DistilWhisperModel Documentation

Overview

The DistilWhisperModel is a Python class designed to handle English speech recognition tasks. It leverages the capabilities of the Whisper model, which is fine-tuned for speech-to-text processes. It is designed for both synchronous and asynchronous transcription of audio inputs, offering flexibility for real-time applications or batch processing.

Installation

Before you can use DistilWhisperModel, ensure you have the required libraries installed:

pip3 install --upgrade swarms

Initialization

The DistilWhisperModel class is initialized with the following parameters:

Parameter Type Description Default
model_id str The identifier for the pre-trained Whisper model "distil-whisper/distil-large-v2"

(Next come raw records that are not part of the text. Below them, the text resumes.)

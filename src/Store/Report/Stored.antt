-- ===== src/Store/Report/Stored.antt =====
-- What `Complete` and `Fail` answer and store, on every branch.
use jobqueue.Common.{
  leb, if◌then◌else◌, is_some, length, take, pos, Text, text, ℕ, ◌+◌, ◌≡◌, refl, ◌∙◌, ◌≢◌, true,
  false, not, ◌&&◌, ◌||◌, none, some, ◌∷◌, ◌++◌, arith,
}
use jobqueue.Jobs.{
  status_eq, Job, WorkerRow, Result, pending, completed, failed, not_found, not_owned, database, ok,
  err,
}
use jobqueue.Jobs.Backoff.{delay, BackoffConfig}
use jobqueue.Store.{find, update, has_id, is_worker, is_pending, owner_is, is_held, Db, Clock}
use jobqueue.Store.Rows.{find_test, Descending, find_id-update_hit, find_id-update_miss}
use jobqueue.Store.Report.{
  truncate_output, complete_row, fail_row, idle_row, complete, fail, fits_integer, Report,
}
use jobqueue.Store.Report.Outcome.{reported, complete_refused, fail_write_refused}
use jobqueue.Store.Report.Fencing.{
  is_holder, fail_missing, fail_found, complete_answer, complete_missing, fail_answer,
}

-- A text of up to 32 KiB as it is, and a longer one cut there and marked.
abbrev pub shortened : Text → Text
shortened s = if leb (length s) 32768 then s else take 32768 s ++ (10 ∷ text "...[truncated]")

-- The row of a worker that has finished an attempt and is idle.
abbrev counted : Clock → WorkerRow → WorkerRow
counted c r = record r {
  jobs_processed = r.jobs_processed + 1;
  current_job_id = none;
  last_heartbeat = c.now;
}

module _ (c : Clock) (i : ℕ) (w : Text) (res : Report) where
  -- The answer is the row k; it stands in the table, no other job has changed, and the worker's row counts
  -- one more attempt.
  abbrev pub Stores : Db → Job → Result Job × Db → Type 0
  Stores db k r =
      (r.0 ≡ ok k)
      × (find (has_id i) r.1.jobs ≡ some k)
      × ((n : ℕ) → n ≢ i → find (has_id n) r.1.jobs ≡ find (has_id n) db.jobs)
      × (r.1.workers ≡ update (is_worker w) (counted c) db.workers)
      × (r.1.next_id ≡ db.next_id)

  reported-Stores :
      (row : Job → Job) (db : Db) (j : Job)
      → ((j : Job) → (row j).id ≡ j.id)
      → find (has_id i) db.jobs ≡ some j
      → is_holder w j ≡ true
      → Stores db (row j) (ok (row j), reported c i w row db)
  unfolding reported idle_row
  reported-Stores row db j same s h = (
    refl,
    find_id-update_hit (is_held i w) row same i db.jobs j s
        (ground (arith, find_test (has_id i) db.jobs {a = j} s)),
    λ n ne. find_id-update_miss (is_held i w) row same n (λ k y. ground arith) db.jobs,
    refl,
    refl,
  )

  -- A completion whose exit code is no INTEGER is an error of the database. Of an unknown job it is not_found.
  -- Of a job RUNNING under the caller it stores COMPLETED, the output, cut to 32 KiB, the exit code and
  -- the duration, without a lease or an error, and one more attempt of the worker, which is idle;
  -- no other job changes. Of a job that the caller had completed it answers with the stored row; of any
  -- other it is not_owned. But for the third case the database is unchanged.
  pub complete_outcome :
      (db : Db)
      → Descending db.next_id db.jobs
      → let r = complete c i w res db in
        (fits_integer res.exit_code ≡ false → r ≡ (err database, db))
        × (fits_integer res.exit_code ≡ true
            → find (has_id i) db.jobs ≡ none
            → r ≡ (err not_found, db))
        × (fits_integer res.exit_code ≡ true
            → (j : Job) → find (has_id i) db.jobs ≡ some j
            → (is_holder w j ≡ true
                → let k = record j {
                  status = completed;
                  worker_id = some w;
                  lease_until = none;
                  updated_at = c.now;
                  result_stdout = some (shortened res.stdout);
                  result_stderr = some (shortened res.stderr);
                  result_exit_code = res.exit_code;
                  duration_ms = res.duration_ms;
                  last_error = none;
                } in
                  Stores db k r)
              × (is_holder w j ≡ false
                  → r ≡ (
                      if status_eq j.status completed && owner_is w j.worker_id
                      then (ok j, db)
                      else (err not_owned, db))))
  unfolding complete_row truncate_output
  complete_outcome db d = (
    complete_refused c i w res db,
    λ fits e. complete_missing c i w res fits db e,
    λ fits j s.
        let answer = complete_answer c i w res fits db j d s in
        (
          λ h. rw (answer, h) (reported-Stores (complete_row c w res) db j (λ j. refl) s h),
          λ h. answer ∙ rw h refl,
        ),
  )

  -- A failure report of an unknown job is not_found, and otherwise one whose exit code is no INTEGER is an
  -- error of the database. Of a job RUNNING under the caller it stores the error and the output, cut to
  -- 32 KiB, the exit code and the duration, and one more attempt of the worker, which is idle: the
  -- job is PENDING without an owner, available after the delay of its attempts, or FAILED under
  -- the caller if its attempts are used up; no other job changes. Of a job that FAILED under the caller,
  -- and of any PENDING job with no owner, it answers with the stored row; of any other it is
  -- not_owned. But for the third case the database is unchanged.
  pub fail_outcome :
      (backoff : BackoffConfig) (db : Db)
      → Descending db.next_id db.jobs
      → let r = fail c backoff i w res db in
        (find (has_id i) db.jobs ≡ none → r ≡ (err not_found, db))
        × ((j : Job)
            → find (has_id i) db.jobs ≡ some j
            → fits_integer res.exit_code ≡ false
            → r ≡ (err database, db))
        × ((j : Job)
            → find (has_id i) db.jobs ≡ some j
            → fits_integer res.exit_code ≡ true
            → (is_holder w j ≡ true
                → let over = leb j.max_attempts j.attempts in
                  let k = record j {
                    status = if over then failed else pending;
                    worker_id = if over then some w else none;
                    lease_until = none;
                    available_at = c.after (delay backoff (pos j.attempts));
                    updated_at = c.now;
                    last_error = some (shortened res.error);
                    result_stdout = some (shortened res.stdout);
                    result_stderr = some (shortened res.stderr);
                    result_exit_code = res.exit_code;
                    duration_ms = res.duration_ms;
                  } in
                  Stores db k r)
              × (is_holder w j ≡ false
                  → r ≡ (
                      if (status_eq j.status failed && owner_is w j.worker_id)
                        || (is_pending j.status && not (is_some j.worker_id))
                      then (ok j, db)
                      else (err not_owned, db))))
  unfolding fail_row truncate_output
  fail_outcome backoff db d = (
    fail_missing c i w res backoff db,
    λ j s f.
        fail_found c i w res backoff db j s ∙ fail_write_refused c i w res db backoff j.attempts f,
    λ j s fits.
        let answer = fail_answer c i w res fits backoff db j d s in
        (
          λ h.
              rw (answer, h)
                (reported-Stores (fail_row c (delay backoff (pos j.attempts)) w res) db j
                  (λ j. refl) s h),
          λ h. answer ∙ rw h refl,
        ),
  )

Example of initialization:

from swarms.models import DistilWhisperModel

# Initialize with default model
model_wrapper = DistilWhisperModel()

# Initialize with a specific model ID
model_wrapper = DistilWhisperModel(model_id="distil-whisper/distil-large-v2")

Attributes

After initialization, the DistilWhisperModel has several attributes:

Attribute Type Description
device str The device used for computation ("cuda:0" for GPU or "cpu").
torch_dtype torch.dtype The data type used for the Torch tensors.
model_id str The model identifier string.
model torch.nn.Module The actual Whisper model loaded from the identifier.
processor transformers.AutoProcessor The processor for handling input data.

Methods

transcribe

Transcribes audio input synchronously.

Arguments:

Argument Type Description
inputs Union[str, dict] File path or audio data dictionary.

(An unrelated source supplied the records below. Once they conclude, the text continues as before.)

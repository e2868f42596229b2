-- ===== src/Scenarios/Queue.antt =====
-- The theorems about the store at the queue of `jobqueue.Scenarios`.
use jobqueue.Common.{
  List, [], ◌∷◌, pos, if◌then◌else◌, is_some, length, select, text_eq, ◌+◌, ◌≤◌, ◌≡◌, refl, ◌∙◌,
  ◌⊎◌, true, false, not, ◌&&◌, ◌||◌, none, some, arith,
}
use jobqueue.Jobs.{
  status_eq, Job, running, completed, failed, canceled, not_found, not_owned, not_cancelable, ok,
  err,
}
use jobqueue.Jobs.Backoff.{default_backoff, delay}
use jobqueue.Store.{find, update, has_id, is_pending, owner_is, is_held, Clock}
use jobqueue.Store.Rows.{Descending}
use jobqueue.Store.Claim.{claim}
use jobqueue.Store.Claim.Outcome.{Promises, claim-Promises}
use jobqueue.Store.Report.{renew_row, renew_lease, complete_row, complete, fail, cancel}
use jobqueue.Store.Report.Outcome.{reported}
use jobqueue.Store.Report.Fencing.{is_holder}
use jobqueue.Store.Report.Repeat.{complete_twice, stale_reports, stranger_fails}
use jobqueue.Store.Report.Cancel.{cancel_outcome, renew_outcome}
use jobqueue.Store.Reap.{is_expired, expired_of, reap_row, reap_expired_leases}
use jobqueue.Store.Reap.Effect.{sweep_outcome}
use jobqueue.Store.Machine.{step, reaps, run, Call, claims, renews, fails}
use jobqueue.Store.Lifecycle.Lease.{IsLeased, AreHarmless, lease_lem}
use jobqueue.Store.Invariant.Staff.{AreStaffed}
use jobqueue.Store.Invariant.Staffing.{run-AreStaffed}
use jobqueue.Store.Invariant.{IsWellFormed}
use jobqueue.Store.Invariant.Runs.{step-IsWellFormed}
use jobqueue.Store.Lifecycle.Steps.{Follows, step-Follows}
use jobqueue.Store.Lifecycle.Dispatch.{
  Rising, count_of, dispatches, dispatches-Rising, dispatches_budget,
}
use jobqueue.Scenarios.{
  alice, bob, noon, evening, unlocked, waiting_job, running_job, shop, report, history,
}
use jobqueue.Common.{ℕ, leb, ◌≢◌}
use jobqueue.Jobs.{pending, database}
use jobqueue.Store.Report.{fits_integer}
use jobqueue.Store.Report.Stored.{shortened, Stores, complete_outcome, fail_outcome}
use jobqueue.Store.Report.Repeat.{refusal}
use jobqueue.Store.Report.Fencing.{complete_answer}

shop-IsWellFormed : IsWellFormed shop
shop-IsWellFormed = record { ids = omega arith; rows = (ground arith, (ground arith, tt)) }

shop_ids : Descending 3 shop.jobs
shop_ids = omega arith

shop_job1 : find (has_id 1) shop.jobs ≡ some waiting_job
unfolding find
shop_job1 = refl

shop_job2 : find (has_id 2) shop.jobs ≡ some running_job
unfolding find
shop_job2 = refl

dispatches-Rising_example : Rising (dispatches default_backoff shop history)
dispatches-Rising_example = dispatches-Rising default_backoff shop history shop-IsWellFormed

claim-Promises_example :
    Promises noon unlocked bob (pos 30) shop (claim noon unlocked bob (pos 30) shop)
claim-Promises_example = claim-Promises noon unlocked bob (pos 30) shop shop_ids

step-IsWellFormed_example :
    IsWellFormed (step default_backoff shop (noon, reaps unlocked (pos 100)))
step-IsWellFormed_example =
    step-IsWellFormed default_backoff shop (noon, reaps unlocked (pos 100)) shop-IsWellFormed

step-Follows_example : Follows shop (step default_backoff shop (noon, reaps unlocked (pos 100)))
step-Follows_example =
    step-Follows default_backoff shop (noon, reaps unlocked (pos 100)) shop-IsWellFormed

-- Alice runs job 2 until 90; at 80 she renews the lease by 30, at 100 bob claims and a sweep runs.
abbrev morning : Clock
morning = record noon { now = 80 }

abbrev busy_hour : List (Clock × Call)
busy_hour =
    (morning, renews 2 alice (pos 30_000))
    ∷ (noon, claims unlocked bob (pos 30))
    ∷ (noon, fails 1 2 bob report)
    ∷ (noon, reaps unlocked (pos 100))
    ∷ []

job2-IsLeased : IsLeased 2 alice 90 running_job
job2-IsLeased = record { same_id = refl; runs = refl; owned = refl; until = refl }

busy_hour-AreHarmless : AreHarmless 2 alice 90 busy_hour
unfolding text_eq
busy_hour-AreHarmless = (tt, (tt, (refl, (omega arith, tt))))

lease_lem_example :
    let db' = run default_backoff shop busy_hour in
    (k : Job) × (find (has_id 2) db'.jobs ≡ some k)
    × (k.status ≡ running)
    × (k.worker_id ≡ some alice)
    × (k.attempts ≡ 1)
    × ((complete noon 2 alice report db').0 ≡ ok (complete_row noon alice report k))
lease_lem_example =
    lease_lem 2 alice default_backoff busy_hour 90 running_job shop noon report shop-IsWellFormed
      shop_job2 job2-IsLeased busy_hour-AreHarmless refl

dispatches_budget_example : count_of 1 (dispatches default_backoff shop history) + 1 ≤ 3
dispatches_budget_example =
    dispatches_budget default_backoff shop history 1 waiting_job shop-IsWellFormed shop_job1

stale_reports_example :
    (complete noon 2 bob report shop ≡ (err (refusal report), shop))
    × (fail noon default_backoff 2 bob report shop ≡ (err (refusal report), shop))
    × (renew_lease noon 2 bob (pos 30) shop ≡ (err not_owned, shop))
stale_reports_example =
    stale_reports noon default_backoff 2 bob report (pos 30) shop running_job shop_ids shop_job2
      refl (unfold text_eq in refl) refl

complete_outcome_example :
    let r = complete noon 2 alice report shop in
    (fits_integer report.exit_code ≡ false → r ≡ (err database, shop))
    × (fits_integer report.exit_code ≡ true
        → find (has_id 2) shop.jobs ≡ none
        → r ≡ (err not_found, shop))
    × (fits_integer report.exit_code ≡ true
        → (j : Job) → find (has_id 2) shop.jobs ≡ some j
        → (is_holder alice j ≡ true
            → let k = record j {
              status = completed;
              worker_id = some alice;
              lease_until = none;
              updated_at = 100;
              result_stdout = some (shortened report.stdout);
              result_stderr = some (shortened report.stderr);
              result_exit_code = report.exit_code;
              duration_ms = report.duration_ms;
              last_error = none;
            } in
              Stores noon 2 alice report shop k r)
          × (is_holder alice j ≡ false
              → r ≡ (
                  if status_eq j.status completed && owner_is alice j.worker_id
                  then (ok j, shop)
                  else (err not_owned, shop))))
complete_outcome_example = complete_outcome noon 2 alice report shop shop_ids

fail_outcome_example :
    let r = fail noon default_backoff 2 alice report shop in
    (find (has_id 2) shop.jobs ≡ none → r ≡ (err not_found, shop))
    × ((j : Job)
        → find (has_id 2) shop.jobs ≡ some j
        → fits_integer report.exit_code ≡ false
        → r ≡ (err database, shop))
    × ((j : Job)
        → find (has_id 2) shop.jobs ≡ some j
        → fits_integer report.exit_code ≡ true
        → (is_holder alice j ≡ true
            → let over = leb j.max_attempts j.attempts in
              let k = record j {
                status = if over then failed else pending;
                worker_id = if over then some alice else none;
                lease_until = none;
                available_at = noon.after (delay default_backoff (pos j.attempts));
                updated_at = 100;
                last_error = some (shortened report.error);
                result_stdout = some (shortened report.stdout);
                result_stderr = some (shortened report.stderr);
                result_exit_code = report.exit_code;
                duration_ms = report.duration_ms;
              } in
              Stores noon 2 alice report shop k r)
          × (is_holder alice j ≡ false
              → r ≡ (
                  if (status_eq j.status failed && owner_is alice j.worker_id)
                    || (is_pending j.status && not (is_some j.worker_id))
                  then (ok j, shop)
                  else (err not_owned, shop))))
fail_outcome_example = fail_outcome noon 2 alice report default_backoff shop shop_ids

sweep_outcome_example :
    let after =
      find (has_id 2) (reap_expired_leases noon default_backoff unlocked (pos 100) shop).1.jobs in
    let recovered = reap_row noon default_backoff (expired_of running_job) running_job in
    (is_expired 100 unlocked running_job ≡ false → after ≡ some running_job)
    × ((after ≡ some running_job) ⊎ (after ≡ some recovered))
    × (is_expired 100 unlocked running_job ≡ true
        → length (select (is_expired 100 unlocked) shop.jobs) ≤ 100
        → after ≡ some recovered)
sweep_outcome_example =
    sweep_outcome noon default_backoff unlocked (pos 100) shop 2 running_job shop_ids shop_job2

completion : complete noon 2 alice report shop ≡ (
  ok (complete_row noon alice report running_job),
  reported noon 2 alice (complete_row noon alice report) shop,
)
completion =
    complete_answer noon 2 alice report refl shop running_job shop_ids shop_job2
    ∙ (unfold text_eq in refl)

complete_twice_example :
    complete evening 2 alice report (reported noon 2 alice (complete_row noon alice report) shop)
    ≡ (
      ok (complete_row noon alice report running_job),
      reported noon 2 alice (complete_row noon alice report) shop,
    )
complete_twice_example =
    complete_twice noon evening 2 alice report report shop
      (reported noon 2 alice (complete_row noon alice report) shop)
      (complete_row noon alice report running_job) shop_ids refl completion

cancel_outcome_example :
    let r = cancel noon 1 shop in
    (find (has_id 1) shop.jobs ≡ none → r ≡ (err not_found, shop))
    × ((j : Job)
        → find (has_id 1) shop.jobs ≡ some j
        → (is_pending j.status ≡ true
            → let k = record j { status = canceled; updated_at = 100; lease_until = none } in
              (r.0 ≡ ok k)
              × (find (has_id 1) r.1.jobs ≡ some k)
              × ((n : ℕ) → n ≢ 1 → find (has_id n) r.1.jobs ≡ find (has_id n) shop.jobs)
              × (r.1.workers ≡ shop.workers)
              × (r.1.next_id ≡ shop.next_id))
          × (is_pending j.status ≡ false
              → r ≡ (
                  if status_eq j.status canceled
                  then (ok j, shop)
                  else (err not_cancelable, shop))))
cancel_outcome_example = cancel_outcome noon 1 shop shop_ids

renew_outcome_example :
    (find (has_id 2) shop.jobs ≡ none
      → renew_lease noon 2 alice (pos 30) shop ≡ (err not_found, shop))
    × ((j : Job)
        → find (has_id 2) shop.jobs ≡ some j
        → renew_lease noon 2 alice (pos 30) shop ≡ (
            if is_holder alice j
            then (
              ok (record j { lease_until = some 100; updated_at = 100 }),
              record shop { jobs = update (is_held 2 alice) (renew_row noon (pos 30)) shop.jobs },
            )
            else (err not_owned, shop)))
renew_outcome_example = renew_outcome noon 2 alice (pos 30) shop shop_ids

stranger_fails_example : fail noon default_backoff 1 bob report shop ≡ (ok waiting_job, shop)
stranger_fails_example =
    stranger_fails noon default_backoff 1 bob report shop waiting_job shop_ids shop_job1 refl refl
      refl

shop-AreStaffed : AreStaffed shop
unfolding find text_eq
shop-AreStaffed = ((λ _. refl), ((λ h. absurd (cc h)), tt))

run-AreStaffed_example : AreStaffed (run default_backoff shop history)
run-AreStaffed_example =
    run-AreStaffed default_backoff shop history shop-AreStaffed shop-IsWellFormed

Returns: str - The transcribed text.

Usage Example:

# Synchronous transcription
transcription = model_wrapper.transcribe("path/to/audio.mp3")
print(transcription)

async_transcribe

Transcribes audio input asynchronously.

Arguments:

Argument Type Description
inputs Union[str, dict] File path or audio data dictionary.

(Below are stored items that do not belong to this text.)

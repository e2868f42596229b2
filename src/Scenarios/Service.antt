-- ===== src/Scenarios/Service.antt =====
-- The theorems about the server at the queue of `jobqueue.Scenarios`.
use jobqueue.Common.{
  take, drop, select, pos, Text, text, trim_space, ℕ, ◌+◌, ◌≡◌, refl, ◌≢◌, inr, false, Option, none,
  some, List, [], ◌∷◌, ◌++◌, map, arith,
}
use jobqueue.Jobs.Backoff.{default_backoff}
use jobqueue.Store.Reads.{status_matches, list}
use jobqueue.Store.Machine.{run}
use jobqueue.Api.{default_config, write_error, ServerConfig, unauthorized, literal}
use jobqueue.Api.Requests.{Decoded}
use jobqueue.Api.Jobs.{CreateRequest}
use jobqueue.Api.Jobs.Creation.{Acceptable}
use jobqueue.Api.Server.{serve, Request, health, cancel_job}
use jobqueue.Api.Server.Refines.{serve-Effect, Effect}
use jobqueue.Api.Middleware.{authorization}
use jobqueue.Api.Chain.{serve_http, serve_http_guarded}
use jobqueue.Store.Invariant.{IsWellFormed}
use jobqueue.Store.{find, has_id}
use jobqueue.Scenarios.{running_job}
use jobqueue.Common.{ℤ, length, ◌≤ℤ◌, ◌≤◌, ◌++◌}
use jobqueue.Api.Reaper.{Warning, IsLogged, is_about}
use jobqueue.Api.Reaper.{run_reaper, reap_call, run_reaper_lem, Reaper}
use jobqueue.Database.Migrate.{migration_names, migrate, AllRecorded, migrate_twice, Schema, Entry}
use jobqueue.Store.Pages.{list_lem}
use jobqueue.Store.Rows.{Descending}
use jobqueue.Api.Server.Statuses.{IsDocumented, serve-IsDocumented}
use jobqueue.Scenarios.{noon, unlocked, shop}
use jobqueue.Api.Writer.{write_header, write, WriterCall, sent_status, log_level}
use jobqueue.Common.{◌⊎◌}
use jobqueue.Api.Recovery.{handle_http, handle_http_lem}

abbrev cancel_request : Request
cancel_request = cancel_job (text "1")

abbrev guarded : ServerConfig
guarded = record default_config { auth_token = text "secret" }

abbrev new_request : CreateRequest
new_request = record { type = text " shell"; payload = text "true"; max_attempts = pos 0 }

abbrev new_body : Decoded CreateRequest
new_body = record { first = inr new_request; more = false }

serve-Effect_example :
    Effect default_backoff shop
      (serve default_config default_backoff noon unlocked cancel_request shop)
serve-Effect_example = serve-Effect default_config default_backoff noon unlocked cancel_request shop

cancel_answer :
    (serve default_config default_backoff noon unlocked cancel_request shop).0.status ≡ 200
unfolding serve
cancel_answer = refl

new_request-Acceptable : Acceptable new_request
unfolding trim_space
new_request-Acceptable = ground arith

serve_http_guarded_example :
    (cancel_request ≢ health
      → text "Bearer guess" ≢ authorization (text "secret")
      → text "Bearer guess" ≢ text "secret"
      → serve_http guarded default_backoff noon unlocked (text "Bearer guess") cancel_request shop
        ≡ (write_error 401 unauthorized (literal (text "invalid or missing bearer token")), shop))
    × (serve_http guarded default_backoff noon unlocked
          (authorization (text "secret"))
          cancel_request
          shop
        ≡ serve guarded default_backoff noon unlocked cancel_request shop)
serve_http_guarded_example =
    serve_http_guarded guarded default_backoff noon unlocked (text "Bearer guess") cancel_request
      shop (λ h. absurd (cc h))

abbrev sweeper : Reaper
sweeper = record { interval = pos 5_000_000_000; batch = pos 100 }

shop-IsSound : IsWellFormed shop
shop-IsSound = record { ids = omega arith; rows = (ground arith, (ground arith, tt)) }

run_reaper_lem_example :
    let all = run_reaper default_backoff sweeper ((noon, unlocked) ∷ []) shop in
    (all.1
      ≡ run default_backoff shop (map (reap_call default_backoff sweeper) ((noon, unlocked) ∷ [])))
    × (lines : List Warning) × (all.0 ≡ (run_reaper default_backoff sweeper [] shop).0 ++ lines)
    × IsLogged running_job (find (has_id 2) all.1.jobs) (find (is_about 2) lines)
unfolding find run
run_reaper_lem_example =
    run_reaper_lem default_backoff sweeper [] (noon, unlocked) shop 2 running_job shop-IsSound refl

-- Two migrations that count what they apply.
abbrev files : List Entry
files =
    record { name = text "002_b.sql"; is_dir = false }
    ∷ record { name = text "001_a.sql"; is_dir = false }
    ∷ []

abbrev count_up : Text → ℕ → Option ℕ
count_up name n = some (n + 1)

abbrev empty_schema : Schema ℕ
empty_schema = record { ledger = []; built = 0 }

abbrev built_schema : Schema ℕ
built_schema = record { ledger = text "002_b.sql" ∷ text "001_a.sql" ∷ []; built = 2 }

migrate_twice_example :
    AllRecorded count_up (migration_names files) built_schema.ledger
    × (migrate count_up files built_schema ≡ (none, built_schema))
migrate_twice_example =
    migrate_twice count_up files empty_schema built_schema (unfold migrate in refl)

serve-IsDocumented_example :
    IsDocumented (serve default_config default_backoff noon unlocked cancel_request shop).0.status
serve-IsDocumented_example =
    serve-IsDocumented default_config default_backoff noon unlocked cancel_request shop refl

shop_order : Descending 3 shop.jobs
shop_order = omega arith

list_lem_example :
    (list (text "PENDING") (pos 1) (pos 0) shop
      ≡ take 1 (drop 0 (select (status_matches (text "PENDING")) shop.jobs)))
    × (list (text "PENDING") (pos 1) (pos 0) shop ++ list (text "PENDING") (pos 2) (pos 1) shop
        ≡ list (text "PENDING") (pos 3) (pos 0) shop)
    × ((limit start : ℤ) → length (list (text "PENDING") limit start shop) ≤ 500)
    × ((limit : ℤ)
        → (limit ≤ℤ pos 0) ⊎ (pos 501 ≤ℤ limit)
        → list (text "PENDING") limit (pos 0) shop
          ≡ take 100 (drop 0 (select (status_matches (text "PENDING")) shop.jobs)))
list_lem_example =
    list_lem (text "PENDING") 1 2 0 shop shop_order (omega arith) (omega arith) (omega arith)

-- A 404 of the mux, in plain text.
abbrev missing : List WriterCall
missing = write_header 404 ∷ write (text "404 page not found") ∷ []

handle_http_lem_example :
    let r =
      handle_http (λ reply. text "{}") (text "/jobs/claim") (text "text/plain") missing false in
    (sent_status r.0 ≡ 404)
    × (r.1 ≡ some (log_level (text "/jobs/claim") (sent_status r.0), sent_status r.0))
handle_http_lem_example =
    handle_http_lem (λ reply. text "{}") (text "/jobs/claim") (text "text/plain") missing false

Returns: Coroutine - A coroutine that when awaited, returns the transcribed text.

Usage Example:

import asyncio

# Asynchronous transcription
transcription = asyncio.run(model_wrapper.async_transcribe("path/to/audio.mp3"))
print(transcription)

real_time_transcribe

Simulates real-time transcription of an audio file.

Arguments:

Argument Type Description
audio_file_path str Path to the audio file.
chunk_duration int Duration of audio chunks in seconds.

Usage Example:

# Real-time transcription simulation
model_wrapper.real_time_transcribe("path/to/audio.mp3", chunk_duration=5)

Error Handling

The DistilWhisperModel class incorporates error handling for file not found errors and generic exceptions during the transcription process. If a non-recoverable exception is raised, it is printed to the console in red to indicate failure.

Conclusion

The DistilWhisperModel offers a convenient interface to the powerful Whisper model for speech recognition. Its design supports both batch and real-time transcription, catering to different application needs. The class's error handling and retry logic make it robust for real-world applications.

Additional Notes

  • Ensure you have appropriate permissions to read audio files when using file paths.
  • Transcription quality depends on the audio quality and the Whisper model's performance on your dataset.
  • Adjust chunk_duration according to the processing power of your system for real-time transcription.

For a full list of models supported by transformers.AutoModelForSpeechSeq2Seq, visit the Hugging Face Model Hub.